The linear regression between the overall cost of living and Milk is as follows:
r² | 0.203 | n | 17 | |||
r | 0.450 | k | 1 | |||
Std. Error | 17.185 | Dep. Var. | Cost of Living Index | |||
ANOVA table | ||||||
Source | SS | df | MS | F | p-value | |
Regression | 1,127.9392 | 1 | 1,127.9392 | 3.82 | .0696 | |
Residual | 4,429.9117 | 15 | 295.3274 | |||
Total | 5,557.8509 | 16 | ||||
Regression output | confidence interval | |||||
variables | coefficients | std. error | t (df=15) | p-value | 95% lower | 95% upper |
Intercept | 49.6351 | |||||
Milk | 5.4879 | 2.8081 | 1.954 | .0696 | -0.4975 | 11.4732 |
The linear regression equation will be:
Cost of Living Index = 49.6351 + 5.4879*Milk
This means that for every $1 increase in Milk, the Cost of Living Index will be increased by 5.4879.
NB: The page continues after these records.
-- ===== src/Engine/Operators/MergeAggregate/Pointwise.antt =====
-- The union of two sorted maps, key by key.
use locust_db.Prelude.{
  ◌≡◌, refl, ap, sym, subst, ◌∙◌, true, false, inl, inr, Bool-cases, Option, none, some, List, [],
  ◌∷◌, Ord, arith, length, if◌then◌else◌,
}
use locust_db.Errors.{Result, ok, err, panic, ok-injective, bind_inv}
use locust_db.Engine.Operators.MergeDeduplicate.{merge_deduplicate}
use locust_db.Engine.Operators.MergeAggregate.{Aggregator, Combinable, merge_aggregate}
use locust_db.Engine.Operators.MergeAggregate.Union.{
  Groups, keys, aggregates, cons_ok, Above, IsStrict, union_keys, union,
}
use locust_db.Engine.Operators.MergeAggregate.Refines.{
  union_left, union_right, union_both, merge_aggregate-union, length-keys,
}

module _ {ℓ} {K : Type ℓ} ⦃o : Ord K⦄ where
  Above-trans : (k j : K) (ks : List K) → o.lt k j ≡ true → Above j ks → Above k ks
  Above-trans k j [] h a = tt
  Above-trans k j (x ∷ ks) h a = (o.lt_trans k j x h a.0, Above-trans k j ks h a.1)

  Above-union_keys : (k : K) (ls rs : List K) → Above k ls → Above k rs → Above k (union_keys ls rs)
  unfolding union_keys
  Above-union_keys k [] rs h g = g
  Above-union_keys k (x ∷ ls) [] h g = h
  Above-union_keys k (x ∷ ls) (y ∷ rs) h g = elim (Bool-cases (o.lt x y)) [
    | inl lt ↦ rw (lt, union_keys) (h.0, Above-union_keys k ls (y ∷ rs) h.1 g)
    | inr nlt ↦ elim (Bool-cases (o.lt y x)) [
      | inl gt ↦ rw (nlt, gt, union_keys) (g.0, Above-union_keys k (x ∷ ls) rs h g.1)
      | inr ngt ↦ rw (nlt, ngt, union_keys) (h.0, Above-union_keys k ls rs h.1 g.1)
    ]
  ]

  union_keys-IsStrict : (ls rs : List K) → IsStrict ls → IsStrict rs → IsStrict (union_keys ls rs)
  unfolding union_keys
  union_keys-IsStrict [] rs h g = g
  union_keys-IsStrict (x ∷ ls) [] h g = h
  union_keys-IsStrict (x ∷ ls) (y ∷ rs) h g = elim (Bool-cases (o.lt x y)) [
    | inl lt ↦
        rw (lt, union_keys)
          (
            Above-union_keys x ls (y ∷ rs) h.0 (lt, Above-trans x y rs lt g.0),
            union_keys-IsStrict ls (y ∷ rs) h.1 g,
          )
    | inr nlt ↦ elim (Bool-cases (o.lt y x)) [
      | inl gt ↦
          rw (nlt, gt, union_keys)
            (
              Above-union_keys y (x ∷ ls) rs (gt, Above-trans y x ls gt h.0) g.0,
              union_keys-IsStrict (x ∷ ls) rs h g.1,
            )
      | inr ngt ↦
          rw (nlt, ngt, union_keys)
            (
              Above-union_keys x ls rs h.0 (rw (o.lt_connected x y nlt ngt) g.0),
              union_keys-IsStrict ls rs h.1 g.1,
            )
    ]
  ]

  gt_ne : (i k : K) → o.lt i k ≡ true → o.eq k i ≡ false
  gt_ne i k h = elim (Bool-cases (o.eq k i)) [
    | inr e ↦ e
    | inl e ↦ ground (arith, (o.eq_iff k i).0 e, o.lt_irrefl k)
  ]

module _ {ℓ} {K V : Type ℓ} ⦃o : Ord K⦄ where
  -- The aggregate of a key.
  abbrev pub value_at : K → Groups K V → Option V
  value_at i [] = none
  value_at i ((k, v) ∷ rows) = if o.eq k i then some v else value_at i rows

  value_at-Above : (i : K) (rows : Groups K V) → Above i (keys rows) → value_at i rows ≡ none
  value_at-Above i [] h = refl
  value_at-Above i ((k, v) ∷ rows) h = rw (gt_ne i k h.0) (value_at-Above i rows h.1)

cons_ok_inv {ℓ} :
    {K V : Type ℓ} (row : K × V) (rest : Result (Groups K V)) (rows : Groups K V)
    → cons_ok row rest ≡ ok rows
    → (tail : Groups K V) × (rest ≡ ok tail) × (row ∷ tail ≡ rows)
cons_ok_inv row (ok tail) rows h = (tail, refl, ok-injective h)
cons_ok_inv row (err e) rows h = cc
cons_ok_inv row panic rows h = cc

module _ {ℓ} {V : Type ℓ} ⦃c : Combinable V⦄ (aggregator : Aggregator) where
  -- The aggregate of a key of the union, from those of the two sides.
  abbrev pub Merged : Option V → Option V → Option V → Type ℓ
  Merged none w u = u ≡ w
  Merged (some v) none u = u ≡ some v
  Merged (some v) (some w) u = (x : V) × (c.combine aggregator v w ≡ ok x) × (u ≡ some x)

  Merged-none_right : (v u : Option V) → u ≡ v → Merged v none u
  Merged-none_right none u h = h
  Merged-none_right (some v) u h = h

module _ {ℓ} {K V : Type ℓ} ⦃o : Ord K⦄ ⦃c : Combinable V⦄ (aggregator : Aggregator) where
  -- What a key of the left side alone adds.
  head_left :
      (i k : K) (v : V) (ls rs rows : Groups K V)
      → value_at k rs ≡ none
      → Merged aggregator (value_at i ls) (value_at i rs) (value_at i rows)
      → Merged aggregator (value_at i ((k, v) ∷ ls)) (value_at i rs) (value_at i ((k, v) ∷ rows))
  head_left i k v ls rs rows h m = elim (Bool-cases (o.eq k i)) [
    | inr ne ↦ rw ne m
    | inl e ↦
        let absent : value_at i rs ≡ none =
          ap (λ k. value_at k rs) (sym ((o.eq_iff k i).0 e)) ∙ h in
        rw (e, absent) refl
  ]

  head_right :
      (i j : K) (w : V) (ls rs rows : Groups K V)
      → value_at j ls ≡ none
      → Merged aggregator (value_at i ls) (value_at i rs) (value_at i rows)
      → Merged aggregator (value_at i ls) (value_at i ((j, w) ∷ rs)) (value_at i ((j, w) ∷ rows))
  head_right i j w ls rs rows h m = elim (Bool-cases (o.eq j i)) [
    | inr ne ↦ rw ne m
    | inl e ↦
        let absent : value_at i ls ≡ none =
          ap (λ k. value_at k ls) (sym ((o.eq_iff j i).0 e)) ∙ h in
        rw (e, absent) refl
  ]

  head_both :
      (i k : K) (v w u : V) (ls rs rows : Groups K V)
      → c.combine aggregator v w ≡ ok u
      → Merged aggregator (value_at i ls) (value_at i rs) (value_at i rows)
      → Merged aggregator
          (value_at i ((k, v) ∷ ls))
          (value_at i ((k, w) ∷ rs))
          (value_at i ((k, u) ∷ rows))
  head_both i k v w u ls rs rows h m = elim (Bool-cases (o.eq k i)) [
    | inr ne ↦ rw ne m
    | inl e ↦ rw e (u, h, refl)
  ]

  value_at-below :
      (i k : K) (v : V) (rows : Groups K V)
      → o.lt i k ≡ true
      → Above k (keys rows)
      → value_at i ((k, v) ∷ rows) ≡ none
  value_at-below i k v rows h a =
      value_at-Above i ((k, v) ∷ rows) (h, Above-trans i k (keys rows) h a)

  union-value_at :
      (ls rs rows : Groups K V) (i : K)
      → IsStrict (keys ls)
      → IsStrict (keys rs)
      → union aggregator ls rs ≡ ok rows
      → Merged aggregator (value_at i ls) (value_at i rs) (value_at i rows)
  unfolding union
  union-value_at [] rs rows i sl sr h = ap (value_at i) (sym (ok-injective h))
  union-value_at ((k, v) ∷ ls) [] rows i sl sr h =
      Merged-none_right aggregator (value_at i ((k, v) ∷ ls)) (value_at i rows)
        (ap (value_at i) (sym (ok-injective h)))
  union-value_at ((k, v) ∷ ls) ((j, w) ∷ rs) rows i sl sr h = elim (Bool-cases (o.lt k j)) [
    | inl lt ↦
        let (tail, e, f) =
          cons_ok_inv (k, v) (union aggregator ls ((j, w) ∷ rs)) rows
            (sym (union_left aggregator k j v w ls rs lt) ∙ h) in
        rw (sym f) (
          head_left i k v ls ((j, w) ∷ rs) tail (value_at-below k j w rs lt sr.0)
            (union-value_at ls ((j, w) ∷ rs) tail i sl.1 sr e))
    | inr nlt ↦ elim (Bool-cases (o.lt j k)) [
      | inl gt ↦
          let (tail, e, f) =
            cons_ok_inv (j, w) (union aggregator ((k, v) ∷ ls) rs) rows
              (sym (union_right aggregator k j v w ls rs nlt gt) ∙ h) in
          rw (sym f) (
            head_right i j w ((k, v) ∷ ls) rs tail (value_at-below j k v ls gt sl.0)
              (union-value_at ((k, v) ∷ ls) rs tail i sl sr.1 e))
      | inr ngt ↦
          let (u, d, g) =
            bind_inv (c.combine aggregator v w) (λ u. cons_ok (k, u) (union aggregator ls rs)) rows
              (sym (union_both aggregator k j v w ls rs nlt ngt) ∙ h) in
          let (tail, e, f) = cons_ok_inv (k, u) (union aggregator ls rs) rows g in
          rw (sym f, sym (o.lt_connected k j nlt ngt))
            (head_both i k v w u ls rs tail d (union-value_at ls rs tail i sl.1 sr.1 e))
    ]
  ]

  union-keys :
      (ls rs rows : Groups K V)
      → union aggregator ls rs ≡ ok rows
      → keys rows ≡ union_keys (keys ls) (keys rs)
  unfolding union union_keys
  union-keys [] rs rows h = ap keys (sym (ok-injective h))
  union-keys ((k, v) ∷ ls) [] rows h = ap keys (sym (ok-injective h))
  union-keys ((k, v) ∷ ls) ((j, w) ∷ rs) rows h = elim (Bool-cases (o.lt k j)) [
    | inl lt ↦
        let (tail, e, f) =
          cons_ok_inv (k, v) (union aggregator ls ((j, w) ∷ rs)) rows
            (sym (union_left aggregator k j v w ls rs lt) ∙ h) in
        rw (lt, union_keys, sym f) (ap (◌∷◌ k) (union-keys ls ((j, w) ∷ rs) tail e))
    | inr nlt ↦ elim (Bool-cases (o.lt j k)) [
      | inl gt ↦
          let (tail, e, f) =
            cons_ok_inv (j, w) (union aggregator ((k, v) ∷ ls) rs) rows
              (sym (union_right aggregator k j v w ls rs nlt gt) ∙ h) in
          rw (nlt, gt, union_keys, sym f) (ap (◌∷◌ j) (union-keys ((k, v) ∷ ls) rs tail e))
      | inr ngt ↦
          let (u, d, g) =
            bind_inv (c.combine aggregator v w) (λ u. cons_ok (k, u) (union aggregator ls rs)) rows
              (sym (union_both aggregator k j v w ls rs nlt ngt) ∙ h) in
          let (tail, e, f) = cons_ok_inv (k, u) (union aggregator ls rs) rows g in
          rw (nlt, ngt, union_keys, sym f) (ap (◌∷◌ k) (union-keys ls rs tail e))
    ]
  ]

-- Two columns as groups.
abbrev pub zip {ℓ} : {K V : Type ℓ} → List K → List V → Groups K V
zip [] vs = []
zip (k ∷ ks) [] = []
zip (k ∷ ks) (v ∷ vs) = (k, v) ∷ zip ks vs

zip-keys {ℓ} : {K V : Type ℓ} (rows : Groups K V) → zip (keys rows) (aggregates rows) ≡ rows
zip-keys [] = refl
zip-keys ((k, v) ∷ rows) = ap (◌∷◌ (k, v)) (zip-keys rows)

module _ {ℓ} {K V : Type ℓ} ⦃o : Ord K⦄ ⦃c : Combinable V⦄ (aggregator : Aggregator) where
  -- When merging two batches of sorted, distinct group keys returns, the merged keys are sorted and
  -- distinct, there is one aggregate for each, and the aggregate of every key is that of the batch
  -- that has it, or the two aggregates combined where both have it; a key of neither is in neither.
  pub merge_aggregate-value_at :
      (left right : Groups K V) (result : List V) (i : K)
      → IsStrict (keys left)
      → IsStrict (keys right)
      → merge_aggregate
          (merge_deduplicate (keys left) (keys right)).1
          (aggregates left)
          (aggregates right)
          aggregator
        ≡ ok result
      → IsStrict (merge_deduplicate (keys left) (keys right)).0
        × (length (merge_deduplicate (keys left) (keys right)).0 ≡ length result)
        × Merged aggregator
            (value_at i left)
            (value_at i right)
            (value_at i (zip (merge_deduplicate (keys left) (keys right)).0 result))
  merge_aggregate-value_at left right result i sl sr h =
      let (merged, values) = merge_aggregate-union aggregator left right sl sr in
      let (rows, e, f) =
        bind_inv (union aggregator left right) (λ rows. ok (aggregates rows)) result
          (sym values ∙ h) in
      let ks = merged ∙ sym (union-keys aggregator left right rows e) in
      rw (ks, sym (ok-injective f), zip-keys rows)
        (
          subst IsStrict (sym (union-keys aggregator left right rows e))
              (union_keys-IsStrict (keys left) (keys right) sl sr),
          length-keys rows,
          union-value_at aggregator left right rows i sl sr e,
        )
Based on the linear regressions and your analysis, which item would be the best predictor of the overall cost in these cities? Which would be the worst? Are there any surprising relationships?
The loaf of bread would be the best predictor of the overall cost in these cities.
Rent (in City Centre) would be the worst predictor of the overall cost in these cities.
The surprising relationship is between the overall cost of living and Monthly Public Trans Pass.